Feature AWS Spot Instances GCP Spot VMs Azure Spot VMs Rackspace Spot
Pricing mechanism Provider-managed variable pricing based on supply and demand Provider-managed variable pricing; adjusts daily based on supply and demand (up to 91% discount) Provider-managed variable pricing based on supply and demand Market-based auction; user bids compete for capacity with transparent market prices
Maximum runtime No hard limit No hard limit No hard limit No hard limit
Interruption warning 2-minute notification 30-second notification 30-second notification 2-minute notification
Orchestration support Auto Scaling Groups, EC2 Fleet, ECS, EKS Managed Instance Groups, Google Kubernetes Engine Virtual Machine Scale Sets, Azure Kubernetes Service Fully managed Kubernetes clusters
Service guarantees No SLA provided No SLA provided No SLA provided No SLA provided
Billing increment Per-second (60-second minimum) Per-second Per-second Per-second (60-second minimum)
What triggers revocation AWS needs the capacity GCP needs the capacity Azure needs the capacity The market price goes above the user's bid

Glossary

Term Definition
Spot instance A virtual server using surplus cloud capacity at 50-90% discounts. Can be interrupted with short notice when the provider needs capacity for higher-priority workloads.
Spot market The marketplace where providers sell surplus capacity at discounted prices. Each instance type per availability zone typically has its own spot market.
Spot pricing The mechanism determining hourly rates for Spot instances. Prices may be set through auctions (user bids), provider-managed dynamic pricing (prices adjusted internally based on capacity and demand), or static discounts (fixed percentage reductions).
Market-based allocation A resource allocation approach where prices are set by supply and demand rather than fixed rates. As demand for capacity increases, prices rise; as demand falls, prices drop. This model is used to efficiently distribute scarce compute resources and incentivize flexible usage.

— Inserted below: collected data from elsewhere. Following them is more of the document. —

-- ===== src/Timeline/Examples.antt =====
-- One turn on concrete events: the reducer's tests, and the theorems applied to them.
use tea_desktop.Base.{ℕ, ◌≡◌, refl, ap, ◌++◌, true, false, List, [], ◌∷◌, none, some, arith, All}
use tea_desktop.Base.Text.{codes, text_eq, show}
use tea_desktop.Conversation.{
  allow_once, cancel, deny, ApprovalRequest, ApprovalRequestStatus, ConversationFailureCode,
  ConversationFailure, ConversationEventKind, run_started, message_delta, tool_requested,
  approval_requested, run_finished, ConversationEvent, ConversationTurn,
}
use tea_desktop.Conversation.Values.{Json}
use tea_desktop.Timeline.Blocks.{find_tool, replace_block, close_streaming_text}
use tea_desktop.Timeline.Reducer.{
  create_turn, on_message, on_tool_requested, on_approval_requested, on_event, reduce_turn,
  reduce_all, cancel_turn,
}
use tea_desktop.Timeline.Approvals.{find_approval, set_approval_resolving, complete_approval}
use tea_desktop.Timeline.Sequence.{redelivery_harmless}
use tea_desktop.Timeline.Settled.{IsSettled, terminal_event-IsSettled, local_endings-IsSettled}
use tea_desktop.Timeline.ApprovalLaws.{approval_updates, complete_approval_removes}
use tea_desktop.Timeline.Identity.{IsForeign, first}
use tea_desktop.Timeline.WellFormed.{NamesForeign}
use tea_desktop.Timeline.Answer.{answer, answer-reduce_all}

abbrev event_at : ℕ → ConversationEventKind → ConversationEvent
event_at n k = record { conversation_id = codes "c"; sequence = n; event = k }

abbrev start : ConversationTurn
unfolding create_turn
start = create_turn (codes "turn") (codes "p") (codes "Hi") [] 0

abbrev opening : List ConversationEvent
opening =
    event_at 1 run_started
    ∷ event_at 2 (message_delta (codes "He") false)
    ∷ event_at 3 (message_delta (codes "y") false)
    ∷ []

abbrev asking : List ConversationEvent
asking =
    event_at 4 (tool_requested (codes "call") (codes "shell") Json.null)
    ∷ event_at 5 (approval_requested (codes "a1") (codes "call") [] [] (allow_once ∷ cancel ∷ []))
    ∷ []

abbrev closing : List ConversationEvent
closing = event_at 6 (message_delta (codes "!") true) ∷ []

reducer_runs : answer (reduce_all start (opening ++ asking)).blocks ≡ codes "Hey"
unfolding reduce_all reduce_turn on_event on_message on_tool_requested on_approval_requested
    find_tool replace_block close_streaming_text text_eq show create_turn
reducer_runs = refl

call-IsForeign : IsForeign (codes "turn") (codes "call")
call-IsForeign rest e = absurd (omega (arith, ap first e))

events-NamesForeign :
    All
      (λ (e : ConversationEvent). NamesForeign (codes "turn") e.event)
      ((opening ++ asking) ++ closing)
events-NamesForeign = (tt, (tt, (tt, (call-IsForeign, (call-IsForeign, (tt, tt))))))

redelivery_harmless_example :
    reduce_all (reduce_all start (opening ++ asking)) (asking ++ closing)
    ≡ reduce_all start ((opening ++ asking) ++ closing)
redelivery_harmless_example = redelivery_harmless start opening asking closing

terminal_event-IsSettled_example : IsSettled (reduce_turn start (event_at 6 run_finished))
unfolding create_turn
terminal_event-IsSettled_example =
    terminal_event-IsSettled start (event_at 6 run_finished) (omega arith) tt

abbrev offline : ConversationFailure
offline = record { code = ConversationFailureCode.transport; message = none; retryable = true }

local_endings-IsSettled_example : IsSettled (cancel_turn (reduce_all start (opening ++ asking)))
local_endings-IsSettled_example =
    (local_endings-IsSettled (reduce_all start (opening ++ asking)) offline (codes "a1")).0

abbrev waiting : ApprovalRequest
waiting = record {
  id = codes "a1";
  tool_call_id = codes "call";
  tool_name = codes "shell";
  capabilities = [];
  resources = [];
  decisions = allow_once ∷ cancel ∷ [];
  status = ApprovalRequestStatus.pending;
  decision = none;
  error = none;
}

approval_waits : find_approval (reduce_all start (opening ++ asking)) (codes "a1") ≡ some waiting
unfolding reduce_all reduce_turn on_event on_message on_tool_requested on_approval_requested
    find_tool replace_block close_streaming_text text_eq show find_approval create_turn
approval_waits = refl

approval_updates_example :
    find_approval
      (set_approval_resolving (reduce_all start (opening ++ asking)) (codes "a1") allow_once)
      (codes "a1")
    ≡ some (record waiting {
      status = ApprovalRequestStatus.resolving;
      decision = some allow_once;
      error = none;
    })
approval_updates_example =
    (approval_updates (reduce_all start (opening ++ asking)) (codes "a1") (codes "b") (codes "no")
      allow_once waiting approval_waits (λ e. absurd (omega (arith, ap first e)))).0

complete_approval_removes_example :
    find_approval
      (complete_approval (reduce_all start (opening ++ asking)) (codes "a1") deny)
      (codes "a1")
    ≡ none
complete_approval_removes_example =
    (complete_approval_removes (reduce_all start (opening ++ asking)) (codes "a1") (codes "b") deny
      (λ e. absurd (omega (arith, ap first e)))).0

answer-reduce_all_example :
    answer
      (reduce_all
        (create_turn (codes "turn") (codes "p") (codes "Hi") [] 0)
        ((opening ++ asking) ++ closing)).blocks
    ≡ codes "Hey!"
answer-reduce_all_example =
    answer-reduce_all (codes "turn") (codes "p") (codes "Hi") [] 0 ((opening ++ asking) ++ closing)
      events-NamesForeign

Auction-based pricing A pricing mechanism where users bid for capacity. When the auction runs, bids are ordered from lowest to highest, and capacity is allocated to the highest bidders until the available supply is filled. All winning bidders pay the same market-clearing price. AWS used this model from 2009–2017; Rackspace uses it today.
Bid (Auction-based Spot pricing)The highest price a user is willing to offer for capacity in an auction-based Spot system. A bid participates directly in the market: it is compared against other users' bids to determine who receives capacity and what the market-clearing price will be.
Maximum price The highest price you are willing to pay per hour for a Spot instance. This is not a bid. The cloud provider sets Spot prices independently, and your maximum price does not influence the market price. It acts as a threshold: if the current Spot price exceeds your maximum, your instance will not start or will be stopped/evicted. AWS, Azure, and GCP all support maximum price settings.
Price smoothing Gradual price changes based on long-term trends rather than real-time supply/demand fluctuations.
Interruption Termination of a spot instance by the provider with 30 seconds to 2 minutes warning. Occurs when capacity is needed or (in auctions) when price exceeds user's bid.